§ **Your assignment**: Read the lines below, and copy any that contain the string "again".

§ **Supplied records**:
++++
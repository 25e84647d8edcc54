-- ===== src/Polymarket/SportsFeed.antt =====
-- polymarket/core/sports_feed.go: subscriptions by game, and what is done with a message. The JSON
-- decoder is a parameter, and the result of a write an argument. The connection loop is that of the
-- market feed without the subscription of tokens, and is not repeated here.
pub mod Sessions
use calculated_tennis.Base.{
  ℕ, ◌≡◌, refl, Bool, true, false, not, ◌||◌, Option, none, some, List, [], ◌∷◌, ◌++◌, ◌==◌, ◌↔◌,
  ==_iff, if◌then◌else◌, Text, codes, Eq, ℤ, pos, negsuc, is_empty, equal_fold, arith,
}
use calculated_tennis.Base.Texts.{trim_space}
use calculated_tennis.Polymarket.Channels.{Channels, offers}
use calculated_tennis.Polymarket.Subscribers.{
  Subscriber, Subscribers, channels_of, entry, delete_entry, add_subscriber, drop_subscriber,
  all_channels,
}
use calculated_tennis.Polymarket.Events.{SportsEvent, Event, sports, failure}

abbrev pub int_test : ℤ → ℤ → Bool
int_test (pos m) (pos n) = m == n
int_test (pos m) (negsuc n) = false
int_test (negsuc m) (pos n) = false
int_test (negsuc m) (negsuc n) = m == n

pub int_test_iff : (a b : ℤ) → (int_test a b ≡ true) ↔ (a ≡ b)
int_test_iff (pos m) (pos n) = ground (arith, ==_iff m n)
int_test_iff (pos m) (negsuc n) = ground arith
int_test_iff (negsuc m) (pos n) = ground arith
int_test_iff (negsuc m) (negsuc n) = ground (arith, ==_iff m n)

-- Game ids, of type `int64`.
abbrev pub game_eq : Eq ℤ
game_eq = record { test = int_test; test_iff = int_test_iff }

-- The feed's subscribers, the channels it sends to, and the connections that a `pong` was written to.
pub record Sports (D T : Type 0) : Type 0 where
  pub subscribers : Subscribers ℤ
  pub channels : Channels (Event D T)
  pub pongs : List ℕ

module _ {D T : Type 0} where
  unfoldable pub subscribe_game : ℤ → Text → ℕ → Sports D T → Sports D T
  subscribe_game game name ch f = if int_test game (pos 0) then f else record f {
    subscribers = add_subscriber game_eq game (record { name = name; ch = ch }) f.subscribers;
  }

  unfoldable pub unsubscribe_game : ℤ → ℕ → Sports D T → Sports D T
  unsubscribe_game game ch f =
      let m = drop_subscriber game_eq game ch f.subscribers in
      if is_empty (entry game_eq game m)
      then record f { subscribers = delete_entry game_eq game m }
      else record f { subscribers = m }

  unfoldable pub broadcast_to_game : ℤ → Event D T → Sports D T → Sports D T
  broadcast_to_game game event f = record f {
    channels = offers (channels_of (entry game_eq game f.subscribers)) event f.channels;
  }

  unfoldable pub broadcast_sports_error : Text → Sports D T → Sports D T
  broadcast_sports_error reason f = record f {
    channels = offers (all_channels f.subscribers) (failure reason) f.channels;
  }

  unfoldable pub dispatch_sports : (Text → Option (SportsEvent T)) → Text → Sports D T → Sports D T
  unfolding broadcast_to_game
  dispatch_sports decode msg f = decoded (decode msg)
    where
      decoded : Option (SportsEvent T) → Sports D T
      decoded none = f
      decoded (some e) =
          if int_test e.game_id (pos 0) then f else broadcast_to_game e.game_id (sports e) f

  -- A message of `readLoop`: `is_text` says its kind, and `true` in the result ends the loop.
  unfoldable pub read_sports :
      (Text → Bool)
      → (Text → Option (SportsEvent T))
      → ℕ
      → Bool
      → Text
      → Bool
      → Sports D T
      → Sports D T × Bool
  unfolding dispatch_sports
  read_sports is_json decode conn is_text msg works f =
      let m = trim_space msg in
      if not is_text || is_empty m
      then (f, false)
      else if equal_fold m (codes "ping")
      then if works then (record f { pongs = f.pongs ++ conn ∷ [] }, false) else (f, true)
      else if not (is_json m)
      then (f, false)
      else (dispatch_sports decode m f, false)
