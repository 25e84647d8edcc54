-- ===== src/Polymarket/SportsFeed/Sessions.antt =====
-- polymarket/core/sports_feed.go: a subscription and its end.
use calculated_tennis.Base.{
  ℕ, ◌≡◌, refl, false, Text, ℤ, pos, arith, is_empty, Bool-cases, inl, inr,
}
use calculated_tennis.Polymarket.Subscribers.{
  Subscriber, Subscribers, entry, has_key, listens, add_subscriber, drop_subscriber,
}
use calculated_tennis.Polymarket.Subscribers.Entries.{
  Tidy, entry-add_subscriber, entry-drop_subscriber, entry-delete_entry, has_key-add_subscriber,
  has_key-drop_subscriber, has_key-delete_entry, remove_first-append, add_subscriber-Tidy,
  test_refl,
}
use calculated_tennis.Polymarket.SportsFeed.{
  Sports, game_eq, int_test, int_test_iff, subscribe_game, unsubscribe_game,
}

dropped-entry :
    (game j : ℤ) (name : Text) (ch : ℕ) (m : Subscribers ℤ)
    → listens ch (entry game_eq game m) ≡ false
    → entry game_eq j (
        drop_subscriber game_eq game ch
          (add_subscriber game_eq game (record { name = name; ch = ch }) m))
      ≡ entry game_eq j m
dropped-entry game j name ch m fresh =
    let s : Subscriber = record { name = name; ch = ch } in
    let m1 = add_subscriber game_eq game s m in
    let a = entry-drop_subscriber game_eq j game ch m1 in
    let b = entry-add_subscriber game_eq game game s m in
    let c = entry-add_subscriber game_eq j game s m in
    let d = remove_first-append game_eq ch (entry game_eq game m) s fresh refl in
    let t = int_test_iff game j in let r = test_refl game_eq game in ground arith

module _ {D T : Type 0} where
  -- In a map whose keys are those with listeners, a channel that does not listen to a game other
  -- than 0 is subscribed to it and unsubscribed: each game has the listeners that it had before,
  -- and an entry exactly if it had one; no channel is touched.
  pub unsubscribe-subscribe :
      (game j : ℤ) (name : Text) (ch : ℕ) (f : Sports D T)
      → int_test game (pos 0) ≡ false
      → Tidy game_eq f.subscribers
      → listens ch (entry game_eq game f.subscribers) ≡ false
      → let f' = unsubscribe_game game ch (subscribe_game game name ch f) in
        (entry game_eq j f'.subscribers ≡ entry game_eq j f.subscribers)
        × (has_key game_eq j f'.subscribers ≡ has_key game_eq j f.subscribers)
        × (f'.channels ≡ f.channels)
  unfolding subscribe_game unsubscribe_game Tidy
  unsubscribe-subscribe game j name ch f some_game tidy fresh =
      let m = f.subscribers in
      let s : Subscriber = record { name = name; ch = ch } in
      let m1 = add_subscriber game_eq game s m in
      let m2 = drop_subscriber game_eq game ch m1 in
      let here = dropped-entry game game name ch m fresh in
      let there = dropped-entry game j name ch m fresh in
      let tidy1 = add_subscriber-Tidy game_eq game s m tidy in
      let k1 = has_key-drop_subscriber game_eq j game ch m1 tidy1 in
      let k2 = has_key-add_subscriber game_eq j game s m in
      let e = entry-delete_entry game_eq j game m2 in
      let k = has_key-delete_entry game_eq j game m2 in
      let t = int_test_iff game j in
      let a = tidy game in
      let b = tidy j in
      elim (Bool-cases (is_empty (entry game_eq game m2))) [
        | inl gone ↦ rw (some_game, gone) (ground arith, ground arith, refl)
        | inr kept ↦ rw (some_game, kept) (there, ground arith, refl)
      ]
++++
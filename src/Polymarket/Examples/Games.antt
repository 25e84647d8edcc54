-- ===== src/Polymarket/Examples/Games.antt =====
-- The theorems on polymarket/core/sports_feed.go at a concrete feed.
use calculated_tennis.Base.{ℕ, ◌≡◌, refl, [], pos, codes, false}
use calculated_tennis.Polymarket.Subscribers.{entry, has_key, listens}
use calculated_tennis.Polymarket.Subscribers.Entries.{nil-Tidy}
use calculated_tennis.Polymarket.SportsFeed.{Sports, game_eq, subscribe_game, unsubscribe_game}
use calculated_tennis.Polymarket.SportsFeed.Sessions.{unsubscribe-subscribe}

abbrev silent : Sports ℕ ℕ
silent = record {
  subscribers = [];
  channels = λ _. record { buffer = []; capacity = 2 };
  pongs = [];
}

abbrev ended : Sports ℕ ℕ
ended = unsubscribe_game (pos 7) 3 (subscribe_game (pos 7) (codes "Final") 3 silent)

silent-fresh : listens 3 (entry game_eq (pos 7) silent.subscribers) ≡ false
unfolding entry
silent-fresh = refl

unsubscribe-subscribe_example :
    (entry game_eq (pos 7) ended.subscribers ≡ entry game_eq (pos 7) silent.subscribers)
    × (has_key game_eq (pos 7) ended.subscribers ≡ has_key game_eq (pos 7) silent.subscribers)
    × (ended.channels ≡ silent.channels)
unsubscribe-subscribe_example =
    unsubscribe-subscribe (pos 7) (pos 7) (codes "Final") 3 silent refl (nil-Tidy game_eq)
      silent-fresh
++++
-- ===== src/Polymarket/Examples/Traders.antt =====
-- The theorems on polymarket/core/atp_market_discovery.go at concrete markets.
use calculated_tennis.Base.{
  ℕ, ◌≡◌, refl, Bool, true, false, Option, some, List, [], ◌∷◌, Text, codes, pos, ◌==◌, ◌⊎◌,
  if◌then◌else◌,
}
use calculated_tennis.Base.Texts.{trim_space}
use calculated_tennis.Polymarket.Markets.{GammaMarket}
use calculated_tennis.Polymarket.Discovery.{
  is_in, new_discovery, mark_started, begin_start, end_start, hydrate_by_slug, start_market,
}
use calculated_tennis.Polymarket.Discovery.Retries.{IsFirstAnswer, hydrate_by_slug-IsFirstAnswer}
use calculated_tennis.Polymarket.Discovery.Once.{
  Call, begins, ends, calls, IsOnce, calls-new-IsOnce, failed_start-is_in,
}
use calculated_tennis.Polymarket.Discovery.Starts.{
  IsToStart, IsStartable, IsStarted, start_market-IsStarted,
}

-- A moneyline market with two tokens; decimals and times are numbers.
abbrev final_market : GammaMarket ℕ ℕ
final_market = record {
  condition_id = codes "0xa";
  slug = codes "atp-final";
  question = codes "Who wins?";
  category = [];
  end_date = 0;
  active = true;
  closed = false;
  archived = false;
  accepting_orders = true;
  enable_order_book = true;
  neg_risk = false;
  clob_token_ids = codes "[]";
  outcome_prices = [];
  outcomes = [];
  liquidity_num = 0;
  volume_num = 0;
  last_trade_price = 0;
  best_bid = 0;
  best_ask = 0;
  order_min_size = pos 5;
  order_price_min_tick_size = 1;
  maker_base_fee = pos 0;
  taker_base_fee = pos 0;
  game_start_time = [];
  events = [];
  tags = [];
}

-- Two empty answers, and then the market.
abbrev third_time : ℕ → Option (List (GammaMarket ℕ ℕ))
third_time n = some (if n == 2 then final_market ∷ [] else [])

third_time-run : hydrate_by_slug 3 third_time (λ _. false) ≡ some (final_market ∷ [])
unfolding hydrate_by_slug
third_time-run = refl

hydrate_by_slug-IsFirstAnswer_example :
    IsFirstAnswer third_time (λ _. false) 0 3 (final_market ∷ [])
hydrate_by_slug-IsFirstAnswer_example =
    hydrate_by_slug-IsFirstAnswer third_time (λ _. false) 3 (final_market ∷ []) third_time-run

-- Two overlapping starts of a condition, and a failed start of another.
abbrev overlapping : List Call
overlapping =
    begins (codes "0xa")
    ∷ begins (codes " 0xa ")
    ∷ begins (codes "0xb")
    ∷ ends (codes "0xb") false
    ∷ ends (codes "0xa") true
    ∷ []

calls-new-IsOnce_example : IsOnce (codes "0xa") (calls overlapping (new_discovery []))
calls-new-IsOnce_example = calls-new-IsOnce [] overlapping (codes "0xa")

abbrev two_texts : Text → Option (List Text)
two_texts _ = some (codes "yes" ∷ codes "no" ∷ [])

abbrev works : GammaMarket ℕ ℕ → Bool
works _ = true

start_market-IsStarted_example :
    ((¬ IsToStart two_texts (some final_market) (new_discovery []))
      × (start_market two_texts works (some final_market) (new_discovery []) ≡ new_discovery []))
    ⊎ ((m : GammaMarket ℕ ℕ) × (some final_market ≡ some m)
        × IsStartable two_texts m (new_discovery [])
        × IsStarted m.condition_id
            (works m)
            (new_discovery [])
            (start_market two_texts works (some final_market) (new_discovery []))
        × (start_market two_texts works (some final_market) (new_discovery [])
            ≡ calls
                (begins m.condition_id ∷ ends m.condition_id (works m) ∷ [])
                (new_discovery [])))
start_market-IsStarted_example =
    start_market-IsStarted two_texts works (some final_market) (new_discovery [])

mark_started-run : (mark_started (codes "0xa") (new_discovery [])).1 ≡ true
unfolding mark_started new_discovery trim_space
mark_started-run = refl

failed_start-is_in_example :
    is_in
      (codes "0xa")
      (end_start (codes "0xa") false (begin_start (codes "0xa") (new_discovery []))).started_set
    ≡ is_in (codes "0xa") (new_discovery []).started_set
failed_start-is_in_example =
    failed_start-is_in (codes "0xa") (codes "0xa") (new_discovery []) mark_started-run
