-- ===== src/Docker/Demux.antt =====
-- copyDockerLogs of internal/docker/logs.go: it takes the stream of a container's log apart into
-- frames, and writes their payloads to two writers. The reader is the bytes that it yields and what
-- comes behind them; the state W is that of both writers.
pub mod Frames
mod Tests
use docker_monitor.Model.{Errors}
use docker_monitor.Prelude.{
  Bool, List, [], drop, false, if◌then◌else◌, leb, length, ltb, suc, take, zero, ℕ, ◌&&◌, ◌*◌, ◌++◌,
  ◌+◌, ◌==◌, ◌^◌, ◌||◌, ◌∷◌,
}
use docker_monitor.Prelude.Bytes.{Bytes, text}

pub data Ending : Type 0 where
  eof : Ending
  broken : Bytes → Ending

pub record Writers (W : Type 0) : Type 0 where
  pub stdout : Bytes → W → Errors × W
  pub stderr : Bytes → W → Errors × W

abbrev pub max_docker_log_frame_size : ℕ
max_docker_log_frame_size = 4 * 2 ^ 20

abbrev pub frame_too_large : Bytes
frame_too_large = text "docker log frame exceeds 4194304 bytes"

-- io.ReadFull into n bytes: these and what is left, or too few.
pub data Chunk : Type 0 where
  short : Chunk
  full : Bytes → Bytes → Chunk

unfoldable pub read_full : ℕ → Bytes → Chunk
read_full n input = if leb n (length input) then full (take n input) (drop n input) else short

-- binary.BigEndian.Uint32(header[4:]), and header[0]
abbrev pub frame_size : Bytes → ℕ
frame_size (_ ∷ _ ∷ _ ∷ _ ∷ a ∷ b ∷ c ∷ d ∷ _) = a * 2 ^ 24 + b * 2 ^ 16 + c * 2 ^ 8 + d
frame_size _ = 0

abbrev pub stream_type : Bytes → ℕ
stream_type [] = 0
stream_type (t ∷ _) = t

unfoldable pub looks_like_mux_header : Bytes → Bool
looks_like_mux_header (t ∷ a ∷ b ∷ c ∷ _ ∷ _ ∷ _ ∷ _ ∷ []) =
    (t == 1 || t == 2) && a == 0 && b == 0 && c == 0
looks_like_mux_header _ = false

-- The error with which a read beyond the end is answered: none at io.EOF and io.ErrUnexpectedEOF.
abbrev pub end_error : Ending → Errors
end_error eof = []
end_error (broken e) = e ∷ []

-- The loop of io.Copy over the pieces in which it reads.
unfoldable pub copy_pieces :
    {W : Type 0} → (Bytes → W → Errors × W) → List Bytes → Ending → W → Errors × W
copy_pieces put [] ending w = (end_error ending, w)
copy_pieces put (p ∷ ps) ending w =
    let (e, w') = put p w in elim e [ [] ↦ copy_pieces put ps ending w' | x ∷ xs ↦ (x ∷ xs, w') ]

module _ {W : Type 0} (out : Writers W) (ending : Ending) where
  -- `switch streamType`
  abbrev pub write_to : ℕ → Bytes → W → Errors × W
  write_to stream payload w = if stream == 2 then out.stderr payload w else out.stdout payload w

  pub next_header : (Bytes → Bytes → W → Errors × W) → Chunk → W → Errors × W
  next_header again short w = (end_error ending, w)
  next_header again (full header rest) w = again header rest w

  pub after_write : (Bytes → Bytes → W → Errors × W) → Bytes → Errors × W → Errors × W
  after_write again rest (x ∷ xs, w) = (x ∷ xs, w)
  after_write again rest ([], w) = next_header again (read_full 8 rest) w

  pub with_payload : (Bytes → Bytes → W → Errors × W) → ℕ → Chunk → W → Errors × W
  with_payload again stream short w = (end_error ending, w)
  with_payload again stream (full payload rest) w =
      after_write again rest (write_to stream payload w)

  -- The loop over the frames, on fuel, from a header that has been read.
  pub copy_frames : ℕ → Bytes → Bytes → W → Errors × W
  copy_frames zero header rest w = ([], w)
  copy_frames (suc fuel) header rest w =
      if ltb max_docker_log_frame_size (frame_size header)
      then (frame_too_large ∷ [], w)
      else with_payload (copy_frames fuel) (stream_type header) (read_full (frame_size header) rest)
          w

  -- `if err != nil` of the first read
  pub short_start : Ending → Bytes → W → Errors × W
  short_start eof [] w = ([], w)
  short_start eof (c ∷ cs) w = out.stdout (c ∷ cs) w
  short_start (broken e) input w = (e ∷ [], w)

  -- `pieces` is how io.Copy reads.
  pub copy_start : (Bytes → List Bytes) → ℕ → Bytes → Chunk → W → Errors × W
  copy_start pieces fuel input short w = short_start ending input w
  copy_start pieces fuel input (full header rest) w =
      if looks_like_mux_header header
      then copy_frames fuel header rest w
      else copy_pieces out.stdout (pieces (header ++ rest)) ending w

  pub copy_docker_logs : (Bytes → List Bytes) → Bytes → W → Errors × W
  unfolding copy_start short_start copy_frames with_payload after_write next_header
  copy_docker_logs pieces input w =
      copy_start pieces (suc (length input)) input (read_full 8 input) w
++++
§ **Task result**:
  next_header again short w = (end_error ending, w)
  next_header again (full header rest) w = again header rest w
  after_write again rest (x ∷ xs, w) = (x ∷ xs, w)
  after_write again rest ([], w) = next_header again (read_full 8 rest) w
  with_payload again stream short w = (end_error ending, w)
  with_payload again stream (full payload rest) w =
      after_write again rest (write_to stream payload w)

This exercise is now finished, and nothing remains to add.